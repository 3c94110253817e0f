-- ===== src/Identity/Delegation.antt =====
-- Delegating to devices, and signing under a delegation.
use ndn_mobile.Prelude.{ℕ, Bool, List, [], ◌∷◌, ◌++◌, ◌⊎◌, map}
use ndn_mobile.Text.{Text, codes}
use ndn_mobile.Types.{NdnError, identity}
use ndn_mobile.Identity.{Parts, Act, ◌>>=◌, return, map_err, map_io, ok_or, get, name_in}
use ndn_mobile.Identity.Owner.{loaded_identity}

pub record NdnDelegationScope : Type 0 where
  pub sign_patterns : List Text
  pub unwrap_for : Bool
  pub enroll : Bool
  pub mgmt : Bool

-- What the identity library does with delegations.
pub record Delegations (p : Parts) : Type 1 where
  pub NamePattern : Type 0
  pub parse_pattern : Text → Text ⊎ NamePattern
  pub pattern_text : NamePattern → Text
  pub Delegation : Type 0
  pub encode : Delegation → List ℕ
  pub decode : List ℕ → Text ⊎ Delegation
  pub DelegatedSigner : Type 0

pub record CapabilitySet (p : Parts) (d : Delegations p) : Type 0 where
  pub patterns : List d.NamePattern
  pub unwrap_for : Bool
  pub enroll : Bool
  pub mgmt : Bool

pub record Issuing (p : Parts) (d : Delegations p) : Type 1 where
  pub issue : p.lib.Name → CapabilitySet p d → p.Principal → Text ⊎ d.Delegation
  pub verify :
      d.Delegation
      → (principal_pubkey : List ℕ) → p.lib.World
      → (Text ⊎ CapabilitySet p d) × p.lib.World
  pub from_delegation :
      p.lib.Signer
      → d.Delegation
      → (principal_pubkey : List ℕ) → p.lib.World
      → (Text ⊎ d.DelegatedSigner) × p.lib.World
  pub sign_scoped :
      d.DelegatedSigner
      → p.lib.Name
      → (region : List ℕ) → p.lib.World
      → (Text ⊎ List ℕ) × p.lib.World

module _ (p : Parts) (d : Delegations p) (i : Issuing p d) where
  open p use {lib}

  unfoldable pub scope_to_ffi : CapabilitySet p d → NdnDelegationScope
  scope_to_ffi scope = record {
    sign_patterns = map d.pattern_text scope.patterns;
    unwrap_for = scope.unwrap_for;
    enroll = scope.enroll;
    mgmt = scope.mgmt;
  }

  unfoldable pub parse_patterns : List Text → Act p (List d.NamePattern)
  parse_patterns [] = return p []
  parse_patterns (t ∷ ts) = do
    pattern_ ←
        map_err p (λ e. identity (codes "invalid sign pattern '" ++ t ++ codes "': " ++ e))
          (d.parse_pattern t)
    rest ← parse_patterns ts
    return p (pattern_ ∷ rest)

  unfoldable pub add_device : Text → NdnDelegationScope → Act p (List ℕ)
  add_device device scope = do
    device_name ← name_in p device
    patterns ← parse_patterns scope.sign_patterns
    principal ← loaded_identity p
    deleg ← map_err p identity (
        i.issue device_name
          (record {
            patterns = patterns;
            unwrap_for = scope.unwrap_for;
            enroll = scope.enroll;
            mgmt = scope.mgmt;
          })
          principal)
    return p (d.encode deleg)

  unfoldable pub decode_delegation : List ℕ → Act p d.Delegation
  decode_delegation delegation_wire =
      map_err p (λ e. identity (codes "malformed delegation: " ++ e)) (d.decode delegation_wire)

  unfoldable pub unverified : Text → NdnError
  unverified e = identity (codes "delegation did not verify: " ++ e)

  unfoldable pub verify_delegation :
      (delegation_wire principal_pubkey : List ℕ) → Act p NdnDelegationScope
  verify_delegation delegation_wire principal_pubkey = do
    deleg ← decode_delegation delegation_wire
    scope ← map_io p unverified (i.verify deleg principal_pubkey)
    return p (scope_to_ffi scope)

  unfoldable pub sign_delegated :
      (region delegation_wire principal_pubkey : List ℕ) → Act p (List ℕ)
  sign_delegated region delegation_wire principal_pubkey = do
    loaded ← get p (λ s. s.identity)
    signer ← ok_or p (identity (codes "no device identity loaded")) loaded
    deleg ← decode_delegation delegation_wire
    name ←
        ok_or p (identity (codes "region has no leading Name to scope-check"))
          (p.decode_name region)
    ds ← map_io p unverified (i.from_delegation signer deleg principal_pubkey)
    map_io p identity (i.sign_scoped ds name region)

  unfoldable pub sign_delegated_named :
      Text → (payload delegation_wire principal_pubkey : List ℕ) → Act p (List ℕ)
  sign_delegated_named name payload delegation_wire principal_pubkey = do
    n ← name_in p name
    sign_delegated (p.encode_name n ++ payload) delegation_wire principal_pubkey
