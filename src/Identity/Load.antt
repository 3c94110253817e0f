-- ===== src/Identity/Load.antt =====
-- Ways to load an identity whose key is software or remote.
use ndn_mobile.Prelude.{ℕ, Bool, true, Option, some, List, ◌++◌, ◌⊎◌, inl, inr}
use ndn_mobile.Text.{Text, codes}
use ndn_mobile.Types.{identity, engine}
use ndn_mobile.Enroll
use ndn_mobile.Enroll.{
  EnrollError, key, cert, sign, fetch, empty_response, incomplete, no_certificate, not_exportable,
  safebag, EnrollConfig, M, with_validity_secs,
}
use ndn_mobile.Enroll.Identity.{EnrolledIdentity, enroll_token_conn, generate_identity}
use ndn_mobile.Enroll.Safebag.{to_safebag, load_identity}
use ndn_mobile.RemoteSigner.{from_cert}
use ndn_mobile.Identity.{
  Parts, Act, ◌>>=◌, ◌>>◌, return, map_err, map_io, name_in, set_identity, set_cert,
}
use ndn_mobile.Identity.Owner.{validity_secs, loaded_identity}

-- `Display` of an enrollment error.
unfoldable pub error_text : EnrollError → Text
error_text (key e) = codes "key generation/export: " ++ e
error_text (cert e) = codes "NDNCERT protocol: " ++ e
error_text (sign e) = codes "Interest signing: " ++ e
error_text (fetch e) = codes "fetch from CA failed: " ++ e
error_text empty_response = codes "CA response missing content"
error_text incomplete = codes "enrollment did not complete after PIN submission"
error_text no_certificate = codes "no issued cert was fetched; SafeBag needs the certificate"
error_text not_exportable = codes "custodian/enclave key is not exportable to a SafeBag"
error_text (safebag e) = codes "SafeBag: " ++ e

unfoldable pub by_text : {A : Type 0} → EnrollError ⊎ A → Text ⊎ A
by_text (inl e) = inl (error_text e)
by_text (inr a) = inr a

pub record NdnEnrollConfig : Type 0 where
  pub ca_prefix : Text
  pub identity : Text
  pub validity_secs : ℕ
  pub persist_password : List ℕ

pub record NdnEnrolledIdentity : Type 0 where
  pub key_name : Text
  pub cert_name : Text
  pub certificate : Option (List ℕ)
  pub safebag : List ℕ

module _ (p : Parts) where
  open p use {lib, keys, bags}
  open lib use {World}

  unfoldable pub enrolling : {A : Type 0} → M World A → Act p A
  enrolling m = map_io p identity (λ w. let (r, w') = m w in (by_text r, w'))

  unfoldable pub view : EnrolledIdentity lib → List ℕ → NdnEnrolledIdentity
  view id bag = record {
    key_name = p.to_string id.key_name;
    cert_name = p.to_string id.cert_name;
    certificate = id.certificate;
    safebag = bag;
  }

  -- The certificate and the signer of an enrolled identity become the core's.
  unfoldable pub install : EnrolledIdentity lib → Act p Unit
  install id = do set_cert p id.certificate; set_identity p id.signer

  -- Stored under the password before it is loaded.
  unfoldable pub persist : List ℕ → EnrolledIdentity lib → Act p NdnEnrolledIdentity
  persist password id = do
    bag ← enrolling (to_safebag lib keys bags password id)
    install id
    return p (view id (p.encode_bag bag))

  unfoldable pub config_of : NdnEnrollConfig → Act p (EnrollConfig lib)
  config_of config = do
    ca ← name_in p config.ca_prefix
    id ← name_in p config.identity
    return p (with_validity_secs lib config.validity_secs (Enroll.new lib ca id))

  unfoldable pub enroll_with_token : NdnEnrollConfig → Text → Act p NdnEnrolledIdentity
  enroll_with_token config token = do
    cfg ← config_of config
    enrolled ← enrolling (enroll_token_conn lib keys cfg token)
    persist config.persist_password enrolled

  unfoldable pub generate : Text → List ℕ → Act p NdnEnrolledIdentity
  generate name persist_password = do
    id_name ← name_in p name
    generated ← enrolling (generate_identity lib keys id_name validity_secs)
    persist persist_password generated

  unfoldable pub load : (bag_wire password : List ℕ) → (key_name : Text) → Act p Text
  load bag_wire password key_name = do
    bag ← map_err p identity (p.decode_bag bag_wire)
    name ← name_in p key_name
    signer ← enrolling (load_identity lib keys bags bag password name)
    set_cert p (some (p.bag_certificate bag))
    set_identity p signer
    principal ← loaded_identity p
    return p (p.did principal)

  unfoldable pub use_remote_signer : Text → List ℕ → Act p Bool
  use_remote_signer prefix cert_wire = do
    name ← name_in p prefix
    signer ←
        map_err p (λ e. engine (codes "remote signer setup: " ++ e))
          (from_cert p.remote (p.remote_name name) (p.remote_wire cert_wire))
    set_identity p (p.of_remote signer)
    set_cert p (some cert_wire)
    return p true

= = = = = = =

What you will do: Where a line in the records above contains the word "signing", copy that line.

Output of the exercise:
-- Delegating to devices, and signing under a delegation.
error_text (sign e) = codes "Interest signing: " ++ e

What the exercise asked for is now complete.